Back to the questionnaire nearly half a century later. Here are a few sample questions from it:

+ Feeling bad about yourself-or that you are a failure or have let yourself or your family down

+ Feeling nervous, anxious or on edge

+ Trouble relaxing

+ Worrying too much about different things

+ Not being able to stop or control worrying

+ Becoming easily annoyed or irritable

+Feeling afraid as if something awful might happen

Readers will get the general drift here and guess, maybe, where I am heading with this essay.  I wish Dr. Fireman could be here to help me out with some of these answers, but he died several years ago, but not before heading off to live in Florida and help with the defense of some people on death row in that state. He was a kind of long-distance runner of psychiatry and the champion of taking an ethical stand in crazy-making situations.

Here is my response to these questions: Over the past nearly half century, I have witnessed the steady decline and worsening of conditions in the U.S. that have also affected my mental health profoundly.  I finally was vindicated in my battle with the U.S. government in 2011, when I got them off of my back in terms of the war, and to be clear about this issue, I mean the Vietnam War. Yes, all of those years later.

Despite opposing the decline I see all around me in meaningful ways, the sanity I once sought in my place in the world has gone from bad to worse. First there was Ronald Reagan who began the militarism that is all around and the debacle of the economy that has created suffering among people who cannot make it financially.
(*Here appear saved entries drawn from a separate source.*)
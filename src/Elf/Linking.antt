-- ===== src/Elf/Linking.antt =====
-- What a debugger gets from the file that `Elf_Writer` of src/elfwriter.cpp makes: the symbols.
use bigassm.Prelude.{
  ℕ, suc, ◌%◌, ◌^◌, ◌≤◌, ◌<◌, ◌≡◌, refl, ap, ◌∙◌, List, [], ◌∷◌, ◌++◌, Bytes, length, length-append,
  drop, Map, arith,
}
use native.Mathlib.Nat.{mod-eq_of_lt}
use bigassm.Assembler.{Assembler, SymbolLocation}
use bigassm.Elf.Format.{
  ElfClass, Shdr, Sym, width, shdr_members, sym_members, shdr_bytes, sym_bytes, sizeof_shdr,
  sizeof_sym,
}
use bigassm.Elf.Fields.{
  drop-append, append_assoc, values, read_fields-fields, length-shdr_bytes, length-sym_bytes,
}
use bigassm.Elf.Tables.{StringSection}
use bigassm.Elf.Tables.Strings.{terminated}
use bigassm.Elf.Tables.Names.{StandsAt, Placed}
use bigassm.Elf.Symbols.{Entries, no_entry, entries, entry, sym_array}
use bigassm.Elf.Writer.{shdr_array}
use bigassm.Elf.Reader.{
  c_string, Symbol, read_fields, shdr_sizes, sym_sizes, read_headers, read_symbol, symbol_from,
  read_symbols,
}

-- A string without the zero that ends it in memory.
pub data ZeroFree : Bytes → Type 0 where
  no_byte : ZeroFree []
  next_byte : {b : ℕ} {bs : Bytes} → 0 < b → ZeroFree bs → ZeroFree (b ∷ bs)

pub data AllZeroFree : Map SymbolLocation → Type 0 where
  no_name : AllZeroFree []
  next_name :
      {name : Bytes} {loc : SymbolLocation} {rest : Map SymbolLocation}
      → ZeroFree name
      → AllZeroFree rest
      → AllZeroFree ((name, loc) ∷ rest)

c_string-terminated : (name rest : Bytes) → ZeroFree name → c_string (name ++ 0 ∷ rest) ≡ name
unfolding c_string
c_string-terminated [] rest no_byte = refl
c_string-terminated (b ∷ bs) rest (next_byte h free) =
    ground (arith, c_string-terminated bs rest free)

-- A name of the table is read where it stands.
c_string-StandsAt :
    (off : ℕ) (name bytes rest : Bytes)
    → StandsAt off name bytes
    → length bytes ≤ 262144
    → ZeroFree name
    → c_string (drop (off % 256 ^ 4) (bytes ++ rest)) ≡ name
c_string-StandsAt off name bytes rest (pre, post, e, l) h free =
    let small : off % 256 ^ 4 ≡ off =
      mod-eq_of_lt (omega (arith, ap length e, length-append pre (terminated name ++ post))) in
    rw
      (
        small,
        e,
        append_assoc pre (terminated name ++ post) rest,
        drop-append off pre ((terminated name ++ post) ++ rest) l,
        append_assoc (terminated name) post rest,
        append_assoc name (0 ∷ []) (post ++ rest),
      )
      (c_string-terminated name (post ++ rest) free)

module _ (c : ElfClass) where
  -- What a symbol with its address is in the table.
  abbrev pub symbol_of : Bytes → SymbolLocation → ℕ → Symbol
  symbol_of name loc addr = record {
    name = name;
    info = loc.type % 2 ^ 8;
    value = addr % 256 ^ width c;
    size = loc.size % 256 ^ width c;
  }

  abbrev pub symbols_of : Map SymbolLocation → List ℕ → List Symbol
  symbols_of ((name, loc) ∷ rest) (addr ∷ addrs) = symbol_of name loc addr ∷ symbols_of rest addrs
  symbols_of symbols addrs = []

  read_fields-sym :
      (s : Sym) (rest : Bytes)
      → read_fields (sym_sizes c) (sym_bytes c s ++ rest) ≡ values (sym_members c s)
  unfolding sym_bytes
  read_fields-sym s rest = read_fields-fields (sym_members c s) rest

  pub read_symbol-entry :
      (name : Bytes) (loc : SymbolLocation) (addr off : ℕ) (names more rest : Bytes)
      → StandsAt off name names
      → length names ≤ 262144
      → ZeroFree name
      → read_symbol c (names ++ more) (sym_bytes c (entry off addr loc) ++ rest)
        ≡ symbol_of name loc addr
  unfolding read_symbol symbol_from
  read_symbol-entry name loc addr off names more rest stands h free =
      let info : loc.type % 2 ^ 8 % 256 ^ 1 ≡ loc.type % 2 ^ 8 = omega arith in
      ap (symbol_from (names ++ more)) (read_fields-sym (entry off addr loc) rest)
      ∙ rw (c_string-StandsAt off name names more stands h free, info) refl

  pub read_symbols-Entries :
      (a : Assembler) (s : StringSection) (symbols : Map SymbolLocation) (addrs : List ℕ)
      (syms : List Sym) (names more rest : Bytes)
      → Entries a s symbols addrs syms
      → Placed s names
      → length names ≤ 262144
      → AllZeroFree symbols
      → read_symbols c (names ++ more) (sizeof_sym c) (length symbols) (sym_array c syms ++ rest)
        ≡ symbols_of symbols addrs
  unfolding read_symbols
  read_symbols-Entries a s [] addrs syms names more rest no_entry placed h free = refl
  read_symbols-Entries a s ((name, loc) ∷ symbols) [] syms names more rest es placed h free =
      elim es [ ]
  read_symbols-Entries a s ((name, loc) ∷ symbols) (addr ∷ addrs) [] names more rest es placed h
        free =
      elim es [ ]
  read_symbols-Entries a s ((name, loc) ∷ symbols) (addr ∷ addrs) (s1 ∷ syms) names more rest
        (entries {off = off} e k es) (l, placed) h (next_name free frees) =
      let array = sym_array c syms in
      ap (read_symbols c (names ++ more) (sizeof_sym c) (suc (length symbols)))
        (append_assoc (sym_bytes c s1) array rest)
      ∙ rw
          (
            read_symbol-entry name loc addr off names more (array ++ rest) (placed name off k) h
                free,
            drop-append (sizeof_sym c) (sym_bytes c s1) (array ++ rest) (length-sym_bytes c s1),
            read_symbols-Entries a s symbols addrs syms names more rest es (l, placed) h frees,
          )
          refl

  -- The members of the section headers, read.
  abbrev pub header_values : List Shdr → List (List ℕ)
  header_values [] = []
  header_values (h ∷ hs) = values (shdr_members c h) ∷ header_values hs

  read_fields-shdr :
      (h : Shdr) (rest : Bytes)
      → read_fields (shdr_sizes c) (shdr_bytes c h ++ rest) ≡ values (shdr_members c h)
  unfolding shdr_bytes
  read_fields-shdr h rest = read_fields-fields (shdr_members c h) rest

  pub read_headers-shdrs :
      (hs : List Shdr) (rest : Bytes)
      → read_headers c (sizeof_shdr c) (length hs) (shdr_array c hs ++ rest) ≡ header_values hs
  unfolding read_headers shdr_array
  read_headers-shdrs [] rest = refl
  read_headers-shdrs (h ∷ hs) rest =
      ap (read_headers c (sizeof_shdr c) (suc (length hs)))
        (append_assoc (shdr_bytes c h) (shdr_array c hs) rest)
      ∙ rw
          (
            read_fields-shdr h (shdr_array c hs ++ rest),
            drop-append (sizeof_shdr c) (shdr_bytes c h) (shdr_array c hs ++ rest)
                (length-shdr_bytes c h),
            read_headers-shdrs hs rest,
          )
          refl
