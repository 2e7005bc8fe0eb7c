-- ===== src/Elf/Debugging.antt =====
-- The symbol table of the whole file that `Elf_Writer` of src/elfwriter.cpp makes.
use bigassm.Prelude.{
  ℕ, suc, ◌+◌, ◌*◌, ◌/◌, ◌%◌, ◌^◌, ◌≤◌, ◌≡◌, refl, ap, sym, ◌∙◌, List, [], ◌∷◌, ◌++◌, Bytes, length,
  length-append, drop, Map, find, arith,
}
use bigassm.Types.{ok}
use bigassm.Section.{Section}
use bigassm.Assembler.{Assembler, SymbolLocation, address_of}
use bigassm.Elf.Format.{
  ElfClass, elf64, elf128, Shdr, Sym, width, shdr_members, ehdr_members, sizeof_ehdr, sizeof_shdr,
  sizeof_sym, ehdr_bytes, sym_bytes,
}
use bigassm.Elf.Fields.{drop-append, append_assoc, values, length-ehdr_bytes, length-sym_bytes}
use bigassm.Elf.Tables.{StringSection}
use bigassm.Elf.Tables.Strings.{empty_strings, with_names, with_name, string_bytes}
use bigassm.Elf.Tables.Names.{Placed, with_names-Placed}
use bigassm.Elf.Symbols.{Resolved, Entries, sym_array, null_sym}
use bigassm.Elf.Parts.{outputs, programs_at, section_names, symtab_at}
use bigassm.Elf.Layout.{
  elf_size, length-string_bytes, head_size, tables, section_headers, whole, strtab_bytes,
  symtab_bytes, strtab_offset, symtab_offset, strings, length-tables, elf_writer-writes,
}
use bigassm.Elf.Writer.{set_name, file_header, elf_file, elf_writer, shdr_array, phdr_array}
use bigassm.Elf.Reader.{
  Symbol, read_symbols, read_headers, headers_in, table_symbols, linked_symbols, symbol_table,
}
use bigassm.Elf.Loading.{read_header-file, file-headers}
use bigassm.Elf.Segments.{small_wide}
use bigassm.Elf.Linking.{
  AllZeroFree, no_byte, read_symbol-entry, symbols_of, read_symbols-Entries, header_values,
  read_headers-shdrs,
}

-- The loop over the names leaves the table's place and its number as they are.
with_names-shindex :
    (symbols : Map SymbolLocation) (s : StringSection) → (with_names symbols s).shindex ≡ s.shindex
with_names-shindex [] s = refl
with_names-shindex ((name, loc) ∷ rest) s = with_names-shindex rest (with_name name s)

with_names-sh_offset :
    (symbols : Map SymbolLocation) (s : StringSection)
    → (with_names symbols s).shdr.sh_offset ≡ s.shdr.sh_offset
with_names-sh_offset [] s = refl
with_names-sh_offset ((name, loc) ∷ rest) s = with_names-sh_offset rest (with_name name s)

module _ (h a b d e : Bytes) where
  -- The same bytes, grouped in front of the second table and of the third.
  second_table : h ++ (((a ++ b) ++ d) ++ e) ≡ (h ++ a) ++ (b ++ (d ++ e))
  second_table =
      rw (append_assoc (a ++ b) d e, append_assoc a b (d ++ e))
        (sym (append_assoc h a (b ++ (d ++ e))))

  third_table : h ++ (((a ++ b) ++ d) ++ e) ≡ (h ++ (a ++ b)) ++ (d ++ e)
  third_table = rw (append_assoc (a ++ b) d e) (sym (append_assoc h (a ++ b) (d ++ e)))

-- The first entry of every symbol table.
abbrev null_location : SymbolLocation
null_location = record { section = []; offset = 0; type = 0; size = 0 }

abbrev pub null_symbol : Symbol
null_symbol = record { name = []; info = 0; value = 0; size = 0 }

module _ (c : ElfClass) where
  shentsize-small : sizeof_shdr c % 256 ^ 2 ≡ sizeof_shdr c
  unfolding sizeof_shdr width
  shentsize-small = elim c as (λ c. sizeof_shdr c % 256 ^ 2 ≡ sizeof_shdr c) [
    | elf64 ↦ refl
    | elf128 ↦ refl
  ]

  shoff-small : sizeof_ehdr c % 256 ^ width c ≡ sizeof_ehdr c
  unfolding sizeof_ehdr width
  shoff-small = elim c as (λ c. sizeof_ehdr c % 256 ^ width c ≡ sizeof_ehdr c) [
    | elf64 ↦ refl
    | elf128 ↦ refl
  ]

  headers_in-file :
      (entry n : ℕ) (hs : List Shdr) (rest : Bytes)
      → length hs ≡ 4
      → headers_in c
          (ehdr_bytes c (file_header c entry n) ++ (shdr_array c hs ++ rest))
          (values (ehdr_members c (file_header c entry n)))
        ≡ header_values c hs
  unfolding headers_in file_header
  headers_in-file entry n hs rest four =
      let hdr = file_header c entry n in
      rw
        (
          shentsize-small,
          shoff-small,
          drop-append (sizeof_ehdr c) (ehdr_bytes c hdr) (shdr_array c hs ++ rest)
              (length-ehdr_bytes c hdr refl),
        )
        (ap (λ (k : ℕ). read_headers c (sizeof_shdr c) k (shdr_array c hs ++ rest)) (sym four)
          ∙ read_headers-shdrs c hs rest)

  module _ (symbols : Map SymbolLocation) (sections : Map Section) where
    abbrev symtab : Shdr
    symtab =
        symtab_at c (strings c symbols sections).shindex (length symbols)
          (symtab_offset c symbols sections)

    abbrev strtab : Shdr
    strtab = (strings c symbols sections).shdr

    linked_symbols-headers :
        (file : Bytes)
        → linked_symbols c file (header_values c (section_headers c symbols sections))
          ≡ table_symbols c file (values (shdr_members c symtab)) (values (shdr_members c strtab))
    unfolding linked_symbols
    linked_symbols-headers file =
        rw
          (with_names-shindex symbols
            (set_name 19 (empty_strings 3 (strtab_offset c symbols sections))))
          refl

    -- The sizes and places of the tables fit into the headers' members.
    count_of : (n : ℕ) → (0 + 1 * sizeof_sym c + n * sizeof_sym c) / sizeof_sym c ≡ suc n
    unfolding sizeof_sym width
    count_of n = elim c as (λ c. (0 + 1 * sizeof_sym c + n * sizeof_sym c) / sizeof_sym c ≡ suc n) [
      | elf64 ↦ omega arith
      | elf128 ↦ omega arith
    ]

    abbrev names : Bytes
    names = strtab_bytes c symbols sections

    module _ (a : Assembler) (addrs : List ℕ) (syms : List Sym) (file before : Bytes)
        (es : Entries a (strings c symbols sections) symbols addrs syms)
        (l : length before ≡ head_size c symbols sections)
        (parts : file ≡ before ++ (tables c symbols sections syms ++ outputs sections))
        (fits : elf_size c symbols sections ≤ 262144) (free : AllZeroFree symbols) where
      abbrev table : Bytes
      table = symtab_bytes c symbols sections syms

      file-names :
          drop (strtab_offset c symbols sections) file ≡ names ++ (table ++ outputs sections)
      file-names =
          ap (drop (strtab_offset c symbols sections))
            (parts ∙ second_table before section_names names table (outputs sections))
          ∙ drop-append (strtab_offset c symbols sections) (before ++ section_names)
              (names ++ (table ++ outputs sections))
              (omega (arith, length-append before section_names))

      file-entries : drop (symtab_offset c symbols sections) file ≡ table ++ outputs sections
      file-entries =
          ap (drop (symtab_offset c symbols sections))
            (parts ∙ third_table before section_names names table (outputs sections))
          ∙ drop-append (symtab_offset c symbols sections) (before ++ (section_names ++ names))
              (table ++ outputs sections)
              (omega (arith, length-append before (section_names ++ names)))

      placed : Placed (strings c symbols sections) names
      unfolding find
      placed =
          with_names-Placed symbols
            (set_name 19 (empty_strings 3 (strtab_offset c symbols sections))) (0 ∷ [])
            (refl, λ str off found. cc)

      read_symbols-file :
          read_symbols c
            (names ++ (table ++ outputs sections))
            (sizeof_sym c)
            (suc (length symbols))
            (table ++ outputs sections)
          ≡ null_symbol ∷ symbols_of c symbols addrs
      unfolding read_symbols
      read_symbols-file =
          let array = sym_array c syms in
          let first = sym_bytes c (null_sym c) in
          let room : length names ≤ 262144 = omega (arith, length-string_bytes symbols) in
          ap
            (read_symbols c (names ++ (table ++ outputs sections)) (sizeof_sym c)
              (suc (length symbols)))
            (append_assoc first array (outputs sections))
          ∙ rw
              (
                read_symbol-entry c [] null_location 0 0 names (table ++ outputs sections)
                    (array ++ outputs sections) ([], string_bytes symbols, refl, refl) room no_byte,
                drop-append (sizeof_sym c) first (array ++ outputs sections)
                    (length-sym_bytes c (null_sym c)),
                read_symbols-Entries c a (strings c symbols sections) symbols addrs syms names
                    (table ++ outputs sections) (outputs sections) es placed room free,
                small_wide c 0 (omega arith),
              )
              refl

      table_symbols-file :
          table_symbols c file (values (shdr_members c symtab)) (values (shdr_members c strtab))
          ≡ null_symbol ∷ symbols_of c symbols addrs
      unfolding table_symbols
      table_symbols-file =
          let name_size = length-string_bytes symbols in
          rw
            (
              with_names-sh_offset symbols
                  (set_name 19 (empty_strings 3 (strtab_offset c symbols sections))),
              small_wide c (strtab_offset c symbols sections) (omega arith),
              small_wide c (symtab_offset c symbols sections)
                  (omega (arith, length-append section_names names)),
              small_wide c (sizeof_sym c) (omega arith),
              small_wide c (0 + 1 * sizeof_sym c + length symbols * sizeof_sym c) (omega arith),
              file-names,
              file-entries,
            )
            (ap
                (λ (n : ℕ).
                  read_symbols c (names ++ (table ++ outputs sections)) (sizeof_sym c) n
                    (table ++ outputs sections))
                (count_of (length symbols))
              ∙ read_symbols-file)

-- Where the entry and the symbols have addresses, the whole fits into the 262144 bytes that are
-- reserved and no symbol's name has a zero byte, a debugger gets from the symbol table and the
-- string table of the file the null symbol and then each symbol with its name, its address and its
-- size, and with its type as the st_info.
pub elf_writer-symbols :
    (c : ElfClass) (order : Map SymbolLocation → Map SymbolLocation) (a : Assembler) (entry : ℕ)
    (addrs : List ℕ)
    → address_of a.options.entry a ≡ ok (entry, a)
    → Resolved a (order a.lookup) addrs
    → elf_size c (order a.lookup) a.sections ≤ 262144
    → AllZeroFree (order a.lookup)
    → (file : Bytes) × (elf_writer c order a ≡ ok file)
      × (symbol_table c file ≡ null_symbol ∷ symbols_of c (order a.lookup) addrs)
unfolding symbol_table elf_file
elf_writer-symbols c order a entry addrs found known fits free =
    let symbols = order a.lookup in
    let (syms, es, written) = elf_writer-writes c order a entry addrs found known fits in
    let parts = tables c symbols a.sections syms in
    let off = head_size c symbols a.sections + length parts in
    let hs = section_headers c symbols a.sections in
    let size = length-tables c symbols a.sections a addrs syms es in
    let file = whole c symbols a.sections entry syms in
    let (before, l, e) = file-headers c a.sections entry hs parts off refl refl (omega arith) in
    let rest = phdr_array c (programs_at off a.sections) ++ (parts ++ outputs a.sections) in
    let header = read_header-file c a.sections entry hs parts off refl refl (omega arith) in
    (
      file,
      written,
      ap (λ (h : List ℕ). linked_symbols c file (headers_in c file h)) header
          ∙ ap (linked_symbols c file) (headers_in-file c entry (length a.sections) hs rest refl)
          ∙ linked_symbols-headers c symbols a.sections file
          ∙ table_symbols-file c symbols a.sections a addrs syms file before es l e fits free,
    )
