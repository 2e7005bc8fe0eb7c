-- ===== src/Elf/Overrun.antt =====
-- `Elf_Writer` of src/elfwriter.cpp on more than its vector was reserved for: the references into
-- the vector are used after it has moved.
use Prim.Native.Nat.{max}
use bigassm.Prelude.{
  ℕ, ◌+◌, ◌≤◌, ◌<◌, ◌≡◌, ◌∙◌, refl, ap, inl, inr, List, [], ◌∷◌, ◌++◌, Bytes, length, length-append,
  Map, leb, leb→le, Bool-cases, arith,
}
use bigassm.Types.{ok, err, undefined}
use bigassm.Section.{Section}
use bigassm.Assembler.{Assembler, SymbolLocation, address_of}
use bigassm.Elf.Format.{ElfClass}
use bigassm.Elf.Vector.{Vector}
use bigassm.Elf.Symbols.{Resolved}
use bigassm.Elf.Layout.{
  output_size, head_size, tables, tables_size, length-tables, write_parts-tables,
}
use bigassm.Elf.Writer.{add_programs, elf_writer}

-- The sections in front of the last one take more than there is room for.
add_programs-overruns :
    (before : Map Section) (name : Bytes) (s : Section) (rest : Map Section) (v : Vector)
    → max 262144 v.head < v.head + length v.body + output_size before
    → add_programs (before ++ (name, s) ∷ rest) v ≡ err undefined
unfolding add_programs
add_programs-overruns [] name s rest v over =
    elim (Bool-cases (leb (v.head + length v.body) (max 262144 v.head))) [
      | inl fits ↦ absurd (omega (arith, leb→le (v.head + length v.body) (max 262144 v.head) fits))
      | inr moved ↦ rw moved refl
    ]
add_programs-overruns ((n, t) ∷ before) name s rest v over =
    let later =
      add_programs-overruns before name s rest (record v { body = v.body ++ t.output })
        (omega (arith, length-append v.body t.output)) in
    elim (Bool-cases (leb (v.head + length v.body) (max 262144 v.head))) [
      | inl fits ↦ rw (fits, later) refl
      | inr moved ↦ rw moved refl
    ]

-- Where the entry and the symbols have addresses and the headers and tables fit into the 262144
-- bytes that are reserved, but not with the outputs in front of some section, the ELF writer uses a
-- reference into the vector after it has moved.
pub elf_writer-overruns :
    (c : ElfClass) (order : Map SymbolLocation → Map SymbolLocation) (a : Assembler) (entry : ℕ)
    (addrs : List ℕ) (before : Map Section) (name : Bytes) (s : Section) (rest : Map Section)
    → address_of a.options.entry a ≡ ok (entry, a)
    → Resolved a (order a.lookup) addrs
    → a.sections ≡ before ++ (name, s) ∷ rest
    → tables_size c (order a.lookup) a.sections ≤ 262144
    → 262144 < tables_size c (order a.lookup) a.sections + output_size before
    → elf_writer c order a ≡ err undefined
unfolding elf_writer
elf_writer-overruns c order a entry addrs before name s rest found known parts fits over =
    let symbols = order a.lookup in
    let head = head_size c symbols a.sections in
    let (syms, es, written) = write_parts-tables c a symbols entry addrs found known fits in
    let size = length-tables c symbols a.sections a addrs syms es in
    let v : Vector = record { head = head; body = tables c symbols a.sections syms } in
    let moved =
      ap (λ (m : Map Section). add_programs m v) parts
      ∙ add_programs-overruns before name s rest v (omega arith) in
    rw (elf_writer, written, moved) refl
Reagan also used the strategy of dog-whistle politics that targeted minorities and was honed expertly by his heir to the throne of the presidency, George H. W. Bush. It was a short hop to George W. Bush who made the attack on civil liberties and war his cause(s) célèbre.

Wars, that I had countered all of my life became popular after the heinous attacks of September 11, 2001, and militarism and war drowned out those who raised their voices against war and war profiteering. It even became impossible to go to a major league ballgame, or any other sport without being bombarded by military symbols and rituals.

And then there was Trump who followed on the heels of the economic debacle of 2007-2008, which left millions of ordinary people in the U.S. reeling after the value of their homes was gutted by financial wrongdoing. Barack Obama, the president of “hope and change” saved the fat cats and let others less able to defend themselves either sink or swim.

As the grandchild and heir to immigrants, I recoil at Trump’s daily rants against immigrants in the U.S., his racism, his misogyny, and his threats of war. His cause of destroying environmental regulations at a time of ultimate stress on the environment through global destruction would force a yogi into emotional turmoil. People are increasingly challenged in their simple right to vote here, so what remains of decaying democratic traditions and institutions?

Have I left anything out as a cause or causes for my emotional distress at what I see and my increasing inability to address this debacle in any meaningful way? Yes, I am outraged that my children and grandchildren face such a rotten and despoiled world. I am outraged at the destruction of the lives of innocent people! I am outraged by the gun death of a student who I had in a community college class, while he on a weekend trip home and how that community college ignored that student’s death, while rumors spread  about the student’s life.

Ought I to talk to someone about all of this? Dr. Fireman is gone, but I have spoken with religious leaders in my community, although I am not a religious person. How about a mental health professional? Well, I spent six years getting a counseling degree and I’m not a big fan of the so-called “talking cure” because existential threats to humanity can’t be solved solely by talking, but they can be addressed by doing. I don’t want to sound self-righteous here, but I haven’t been sitting around fiddling while Rome burns. I wonder where the old mass movements are for social change and social uplift? There are small movements now, but some of them have devolved into efforts to enhance one’s identity without fostering significant changes in society.

Howard Lisnoff is a freelance writer. He is the author of Against the Wall: Memoir of a Vietnam-Era War Resister (2017).